= Agueci brothers =

Sicilian mafiosi

Alberto (/it/; 1922–November 1961) and Vito Agueci (/it/), also known as the Agueci brothers, were Sicilian mafiosi who were involved in the French Connection heroin smuggling ring from Europe into the United States and Canada during the late 1950s and early 1960s, closely connected to Hamilton, Ontario mobster Johnny Papalia and the Buffalo crime family.

== Early life ==
Alberto was born in 1922 in Trapani, Sicily, Italy, and immigrated to Canada in 1950 after he was turned away from the United States, settling in Windsor, Ontario where he worked in construction, soon after resettling in Toronto as co-owner of a bakery. In the late 1950s, he moved to Hamilton where the two brothers became involved in the French Connection with Johnny Papalia, as well as Papalia's vending machine businesses with Alberto.

== Arrest ==
With the help of Salvatore Valenti in Sicily, much of the heroin would come over through Sicilian immigrants in their suitcases as they embarked for the New York City pier. In October 1960, smugglers Salvatore Rinaldo and Matteo Palmeri were arrested as they picked up a trunk of heroin, turning informant.
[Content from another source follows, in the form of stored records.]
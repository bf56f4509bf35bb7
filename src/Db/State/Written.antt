-- ===== src/Db/State/Written.antt =====
-- What a read finds in internal/db/db.go after `Put` and `Delete`.
use hypha_db.Base.{
  ℕ, ◌+◌, ◌^◌, ◌≤◌, ◌<◌, ◌≡◌, refl, sym, ap, ◌∙◌, subst, true, false, Option, none, some, List, [],
  ◌∷◌, length, leb, arith, All, All-append, ok, err, ◌>>=◌,
}
use hypha_db.Base.Text.{Text, text_eq, text_eq_refl}
use hypha_db.Record.{Record}
use hypha_db.Skiplist.History.{newer_of}
use hypha_db.Memtable
use hypha_db.Memtable.{MemTable}
use hypha_db.Db.Batches.{validate_key, validate_value}
use hypha_db.Db.Reads.{Lookup, not_found, consider, consider_all, value_of}
use hypha_db.Db.State.{
  Database, Outside, Immutable, lookup_in, immutable_lookups, last_to_first, read_at, put_one,
  memtable_put, log_record, new_record, put, delete,
}
use hypha_db.Db.State.Steps.{log_record-logged, put-accepted, delete-accepted}
use hypha_db.Db.State.Sources.{sources, read_at-sources, All-last_to_first}
use hypha_db.Db.State.Valid.{
  IsDatabase, FindsBelow, AnswersBelow, store_at_self, found_after_put, memtable_put-IsDatabase,
}
use hypha_db.Db.State.Reads.{rotate_memtable-ReadsSame}

-- The memtable finds a record that is newer than all that it had.
newer_of_newest :
    (key : Text) (seq : ℕ) (rec : Record) (found : Option Record)
    → rec.key ≡ key
    → rec.seq ≤ seq
    → ((r : Record) → found ≡ some r → r.seq < rec.seq)
    → newer_of key seq rec found ≡ some rec
unfolding newer_of
newer_of_newest key seq rec none name visible newest =
    let same : text_eq rec.key key ≡ true = rw (sym name) (text_eq_refl rec.key) in
    let in_range : leb rec.seq seq ≡ true = ground arith in rw (same, in_range) refl
newer_of_newest key seq rec (some r) name visible newest =
    let same : text_eq rec.key key ≡ true = rw (sym name) (text_eq_refl rec.key) in
    let in_range : leb rec.seq seq ≡ true = ground arith in
    let below = newest r refl in
    let older : leb r.seq rec.seq ≡ true = ground arith in rw (same, in_range, older) refl

consider_not_newer :
    (rec : Record) (found : Option Record)
    → ((r : Record) → found ≡ some r → r.seq ≤ rec.seq)
    → consider (some rec) found ≡ some rec
unfolding consider
consider_not_newer rec none h = refl
consider_not_newer rec (some r) h = let b = h r refl in ground arith

-- A lookup that does not fail, and finds no version after a sequence.
abbrev FindsUpTo : {E : Type 0} → Text → ℕ → ℕ → Lookup E → Type 0
FindsUpTo key seq bound s =
    (found : Option Record) × (s key seq ≡ ok found)
    × ((r : Record) → found ≡ some r → r.seq ≤ bound)

immutable_lookups-FindsUpTo :
    (E : Type 0) (key : Text) (seq bound : ℕ) (mems : ℕ → MemTable) (imms : List Immutable)
    → ((i : ℕ) → FindsBelow (bound + 1) (mems i))
    → All (FindsUpTo {E = E} key seq bound) (immutable_lookups mems imms)
unfolding immutable_lookups lookup_in
immutable_lookups-FindsUpTo E key seq bound mems [] h = tt
immutable_lookups-FindsUpTo E key seq bound mems (imm ∷ imms) h = (
  (
    Memtable.get_at (mems imm.mem) key seq,
    refl,
    λ r e. let b = h imm.mem key seq r e in omega (arith, b),
  ),
  immutable_lookups-FindsUpTo E key seq bound mems imms h,
)

module _ {E : Type 0} where
  consider_all-keeps :
      (key : Text) (seq : ℕ) (rec : Record) (ss : List (Lookup E))
      → All (FindsUpTo key seq rec.seq) ss
      → consider_all key seq (some rec) ss ≡ ok (some rec)
  unfolding consider_all
  consider_all-keeps key seq rec [] h = refl
  consider_all-keeps key seq rec (s ∷ ss) ((found, answer, bound), h) =
      rw (answer, consider_not_newer rec found bound) (consider_all-keeps key seq rec ss h)

  abbrev pub Readable : Text → ℕ → Database E → Type 0
  Readable key seq db = All (λ t. (found : Option Record) × (t key seq ≡ ok found)) db.tables

  tables-FindsUpTo :
      (key : Text) (seq bound : ℕ) (tables : List (Lookup E))
      → All (λ t. (found : Option Record) × (t key seq ≡ ok found)) tables
      → All (AnswersBelow (bound + 1)) tables
      → All (FindsUpTo key seq bound) tables
  tables-FindsUpTo key seq bound [] h k = tt
  tables-FindsUpTo key seq bound (t ∷ ts) ((found, answer), h) (below, k) = (
    (found, answer, λ r e. let b = below key seq r (answer ∙ ap ok e) in omega (arith, b)),
    tables-FindsUpTo key seq bound ts h k,
  )

  memtable_put-read_at :
      (new_level : ℕ) (rec : Record) (seq : ℕ) (db : Database E)
      → IsDatabase db
      → 0 < new_level
      → new_level ≤ 16
      → rec.seq ≡ db.next_seq
      → db.next_seq + 1 < 2 ^ 64
      → db.next_seq ≤ seq
      → Readable rec.key seq db
      → read_at rec.key seq (memtable_put new_level rec db) ≡ value_of (some rec)
  unfolding memtable_put put_one consider_all lookup_in consider
  memtable_put-read_at new_level rec seq db h some_level fits number room visible readable =
      let next = memtable_put new_level rec db in
      let inv = memtable_put-IsDatabase new_level rec db h some_level fits number room in
      let m = db.memtables db.memtable in
      let raised : next.next_seq ≡ rec.seq + 1 = omega (arith, number) in
      let found : Memtable.get_at (next.memtables next.memtable) rec.key seq ≡ some rec =
        ap (λ x. Memtable.get_at x rec.key seq) (store_at_self db.memtable _ db.memtables)
        ∙ found_after_put m new_level rec rec.key seq (h.lists db.memtable) some_level fits
        ∙ newer_of_newest rec.key seq rec (Memtable.get_at m rec.key seq) refl
            (omega (arith, number))
            (λ r e. let b = h.older db.memtable rec.key seq r e in omega (arith, number, b)) in
      let others =
        All-append (FindsUpTo rec.key seq rec.seq) _ _
          (immutable_lookups-FindsUpTo E rec.key seq rec.seq next.memtables
            (last_to_first db.immutables)
            (λ i. subst (λ n. FindsBelow n (next.memtables i)) raised (inv.older i)))
          (All-last_to_first (FindsUpTo rec.key seq rec.seq) db.tables (
            tables-FindsUpTo rec.key seq rec.seq db.tables readable
              (subst (λ n. All (AnswersBelow n) db.tables) raised inv.older_tables))) in
      let run : consider_all rec.key seq none (sources next) ≡ ok (some rec) =
        rw found (consider_all-keeps rec.key seq rec _ others) in
      read_at-sources rec.key seq next ∙ ap (λ r. r >>= value_of) run

  log_record-read_at :
      (out : Outside E) (rec : Record) (seq : ℕ) (db : Database E)
      → IsDatabase db
      → 0 < out.new_level
      → out.new_level ≤ 16
      → rec.seq ≡ db.next_seq
      → db.next_seq + 1 < 2 ^ 64
      → out.write ≡ ok tt
      → db.next_seq ≤ seq
      → Readable rec.key seq db
      → read_at rec.key seq (log_record out rec db).1 ≡ value_of (some rec)
  log_record-read_at out rec seq db h some_level fits number room logged visible readable =
      let next = memtable_put out.new_level rec db in
      let inv = memtable_put-IsDatabase out.new_level rec db h some_level fits number room in
      let applied =
        memtable_put-read_at out.new_level rec seq db h some_level fits number room visible
          readable in
      log_record-logged out rec db (λ db'. read_at rec.key seq db' ≡ value_of (some rec)) logged
        applied (rotate_memtable-ReadsSame out rec.key seq next inv ∙ applied)

  -- Once `Put` accepts a key and a value and the log takes the record, a read at its sequence or a
  -- later one finds the value, whether or not the memtable is rotated and the rotation succeeds;
  -- the tables have to be readable.
  pub put-read_at :
      (out : Outside E) (key : Text) (value : List ℕ) (seq : ℕ) (db : Database E)
      → IsDatabase db
      → 0 < out.new_level
      → out.new_level ≤ 16
      → db.next_seq + 1 < 2 ^ 64
      → db.closed ≡ false
      → length key ≤ db.limits.max_key_bytes
      → length value ≤ db.limits.max_value_bytes
      → out.write ≡ ok tt
      → db.next_seq ≤ seq
      → Readable key seq db
      → read_at key seq (put out key value db).1 ≡ ok value
  unfolding validate_key validate_value value_of new_record
  put-read_at out key value seq db h some_level fits room usable short small logged visible
        readable =
      put-accepted out key value db (λ db'. read_at key seq db' ≡ ok value) usable (ground arith)
        (log_record-read_at out (new_record key value false db) seq db h some_level fits refl room
          logged visible readable)

  -- Once `Delete` accepts a key and the log takes the tombstone, a read at its sequence or a later
  -- one ends in `ErrNotFound`; the tables have to be readable.
  pub delete-read_at :
      (out : Outside E) (key : Text) (seq : ℕ) (db : Database E)
      → IsDatabase db
      → 0 < out.new_level
      → out.new_level ≤ 16
      → db.next_seq + 1 < 2 ^ 64
      → db.closed ≡ false
      → length key ≤ db.limits.max_key_bytes
      → out.write ≡ ok tt
      → db.next_seq ≤ seq
      → Readable key seq db
      → read_at key seq (delete out key db).1 ≡ err not_found
  unfolding validate_key value_of new_record
  delete-read_at out key seq db h some_level fits room usable short logged visible readable =
      delete-accepted out key db (λ db'. read_at key seq db' ≡ err not_found) usable (ground arith)
        (log_record-read_at out (new_record key [] true db) seq db h some_level fits refl room
          logged visible readable)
This led to the indictment of 20 men, including the Agueci brothers and Papalia on 22 May 1961. Alberto was arrested on 5 May 1961, after Toronto police found him carrying two capsules of heroin. By September 1961, Alberto was extradited and awaiting trial in New York. After paying tributes to Buffalo crime family boss Stefano Magaddino on profits coming in from the heroin ring, when Alberto was in jail, he expected Magaddino to raise his bail money, but when Magaddino did not, his anger grew and threatened to inform to the police. Alberto finally made bail by selling his home and borrowing money from a friend.

== Death ==
On 8 October 1961, Alberto left his wife Vita and his daughters in Toronto for a court appearance in New York. His charred body was found in a cornfield in Penfield, New York by hunters, on 23 November 1961. A subsequent investigation found that he was tortured over a period of several days. When he was found, several of his teeth were knocked out, his ribs were broken, his skull was fractured, his genitals were missing, and he had been trussed with barbed wire, strangled, and burned. The medical examiner determined that he had been dead for two weeks, and that animals had consumed large parts of his flesh. No charges were ever laid relating to Alberto's torture-murder, however it is believed Magaddino ordered his murder due to his instability. The court found that Alberto violated the conditions of his bail and refused to return the $20,000 to his family, leaving his wife and daughters destitute.

On 27 December 1962, Vito was sentenced to 15 years in prison for narcotics charges.